Yazı ibretlik: “Sağlık tesislerimize demirbaş veya hizmet alımı yoluyla edinilen ve hasta tedavisinde yoğun olarak kullanılan yüksek akış nazal oksijen terapi cihazlarının bir kısmında yangınlar meydana geldiğine dair geri bildirimler alınmaktadır.”

Bakanlık, cihazların “YANGINLARA” yol açtığını kabul ediyor. Alınması gerekli önlemleri uzun uzun anlatıyor.

Ama önlemler kullanıcıya yönelik. Soru ise şu: Yangınlar, cihazların kullanılma biçiminden mi, düşük kalitesinden mi çıkıyor?

Sektörden bir okurum, son zamanlarda ihalelerle, çok sayıda kalitesiz cihaz alındığını yazdı. Üretim hatası nedeniyle cihazların içinde oksijen birikip ısındığını, bir an önce bu cihazların toplatılması gerektiğini vurguluyor.

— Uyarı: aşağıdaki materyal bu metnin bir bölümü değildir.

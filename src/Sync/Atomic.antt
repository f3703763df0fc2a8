-- ===== src/Sync/Atomic.antt =====
-- The atomics and the cancellation tokens of src/sync_primitives.rs. Each operation is one atomic step
-- on the entry that a handle names.
pub mod Laws
use mux_runtime.Common.{
  ℕ, Bool, true, false, ◌&&◌, ◌==◌, if◌then◌else◌, Option, none, some, Result, ok, err, ◌>>=◌,
}
use mux_runtime.Common.Int.{ℤ, pos, negsuc, ◌+ℤ◌, eqb_ℤ, wrap_i64}
use mux_runtime.Sync.Handles.{
  SyncError, Handle, handle_id, Counted, Registry, entry_of, write_found, new_raw_counted, update,
  insert_entry, remove_entry, found_or_closed,
}

abbrev pub Outcome : Type 0 → Type 0
Outcome B = Result SyncError B

-- `Result` of nothing
abbrev pub Done : Type 0
Done = Result {0, 0} SyncError Unit

-- An operation on the value of an entry: what it leaves there, and what it returns
module _ {A B : Type 0} where
  unfoldable pub applied :
      (A → A × B) → Option (Counted A) → ℕ → Registry A → Registry A × Outcome B
  unfolding write_found
  applied op none id r = (r, err SyncError.handle_closed)
  applied op (some e) id r = (write_found (some e) id (op e.value).0 r, ok (op e.value).1)

  unfoldable pub on_entry : (A → A × B) → Handle → Registry A → Registry A × Outcome B
  unfolding applied handle_id
  on_entry op h r = elim (handle_id h) [
    | err e ↦ (r, err e)
    | ok id ↦ applied op (r.entries id) id r
  ]

unfoldable pub atomic_int_new : Bool → Registry ℤ → Option ℕ × Registry ℤ
unfolding new_raw_counted
atomic_int_new allocated r = new_raw_counted allocated (pos 0) r

unfoldable pub atomic_int_with_value : Bool → ℤ → Registry ℤ → Option ℕ × Registry ℤ
unfolding new_raw_counted
atomic_int_with_value allocated v r = new_raw_counted allocated v r

unfoldable pub atomic_int_load : Handle → Registry ℤ → Outcome ℤ
unfolding entry_of
atomic_int_load h r = entry_of h r

unfoldable pub atomic_int_store : Handle → ℤ → Registry ℤ → Registry ℤ × Done
unfolding on_entry
atomic_int_store h v r = on_entry (λ old. (v, tt)) h r

-- `fetch_add` wraps, and returns the value before.
unfoldable pub atomic_int_add : Handle → ℤ → Registry ℤ → Registry ℤ × Outcome ℤ
unfolding on_entry
atomic_int_add h delta r = on_entry (λ old. (wrap_i64 (old +ℤ delta), old)) h r

unfoldable pub atomic_int_swap : Handle → ℤ → Registry ℤ → Registry ℤ × Outcome ℤ
unfolding on_entry
atomic_int_swap h v r = on_entry (λ old. (v, old)) h r

-- what a compare-exchange leaves at a value, and the value
abbrev pub exchange : ℤ → ℤ → ℤ → ℤ × ℤ
exchange expected replacement old = (if eqb_ℤ old expected then replacement else old, old)

-- It returns the value before, whether that was exchanged or not.
unfoldable pub atomic_int_compare_exchange : Handle → ℤ → ℤ → Registry ℤ → Registry ℤ × Outcome ℤ
unfolding on_entry
atomic_int_compare_exchange h expected replacement r = on_entry (exchange expected replacement) h r

abbrev pub eqb_bool : Bool → Bool → Bool
eqb_bool true b = b
eqb_bool false true = false
eqb_bool false false = true

unfoldable pub atomic_bool_new : Bool → Registry Bool → Option ℕ × Registry Bool
unfolding new_raw_counted
atomic_bool_new allocated r = new_raw_counted allocated false r

unfoldable pub atomic_bool_with_value : Bool → Bool → Registry Bool → Option ℕ × Registry Bool
unfolding new_raw_counted
atomic_bool_with_value allocated v r = new_raw_counted allocated v r

unfoldable pub atomic_bool_load : Handle → Registry Bool → Outcome Bool
unfolding entry_of
atomic_bool_load h r = entry_of h r

unfoldable pub atomic_bool_store : Handle → Bool → Registry Bool → Registry Bool × Done
unfolding on_entry
atomic_bool_store h v r = on_entry (λ old. (v, tt)) h r

unfoldable pub atomic_bool_swap : Handle → Bool → Registry Bool → Registry Bool × Outcome Bool
unfolding on_entry
atomic_bool_swap h v r = on_entry (λ old. (v, old)) h r

unfoldable pub atomic_bool_compare_exchange :
    Handle → Bool → Bool → Registry Bool → Registry Bool × Outcome Bool
unfolding on_entry
atomic_bool_compare_exchange h expected replacement r =
    on_entry (λ old. (if eqb_bool old expected then replacement else old, old)) h r

unfoldable pub cancellation_new : Bool → Registry Bool → Option ℕ × Registry Bool
unfolding new_raw_counted
cancellation_new allocated r = new_raw_counted allocated false r

unfoldable pub cancellation_cancel : Handle → Registry Bool → Registry Bool × Done
unfolding on_entry
cancellation_cancel h r = on_entry (λ old. (true, tt)) h r

unfoldable pub cancellation_is_cancelled : Handle → Registry Bool → Outcome Bool
unfolding entry_of
cancellation_is_cancelled h r = entry_of h r

-- `cancellation_requested`
unfoldable pub cancellation_requested : Handle → Registry Bool → Outcome Bool
unfolding entry_of
cancellation_requested h r = entry_of h r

Gaziantep’te hayatını kaybedenlerin yakınlarına başsağlığı dileyerek soralım:

Sağlık Bakanlığı soruşturma sonuçlarını açıklayacak mı?

Daha kaç yoğun bakım hastası, hastanelerde kullanılan kalitesi düşük “yüksek akış nazal oksijen terapi sistemi” dolayısıyla tehlikede?

BDDK bu sahteciliğe ne diyor?


Vakıfbank Yönetim Kurulu Üyesi Hamza Yerlikaya’nın lise diploması sahteymiş.  Ankara 7. Ağır Ceza Mahkemesi’nin 19 yıllık kararı Cumhuriyet’te İklim Öngel imzalı haberde ortaya çıktı.

Yerlikaya’nın diploması sahte olmasa da o göreve atanması sorunluydu. Bankacılık gibi güven kurumlarının gereksindiği liyakat yoktu çünkü. Ama ne bankadan bir itiraz yükselebilmişti, ne de düzenleyici denetleyici otorite BDDK’dan. Sebep malum.

Yeri gelmişken. Bundan birkaç ay önce konut edindirme amaçlı faizsiz finans kuruluşlarının faaliyetlerine dikkat çekip BDDK’ya soru yöneltmiştim. BDDK cevabını, Sulh Ceza Hakimliği’nden tekzip kararı çıkararak verdi.

Hamza Yerlikaya


BDDK’nın bu yazımı da tekzip ettirip ettirmeyeceği merakıyla soruyorum:

Büyük bir bankanın yöneticisinin diplomasının sahte çıkması görev alanınızda mı değil mi? Böyle bir sahtecilik, üniversite diplomasını da geçersiz kılmaz mı? Yerlikaya’nın imza attığı bütün işlemleri hukuken sakatlamaz mı? Bankacılık bir güven müessesesi değil midir?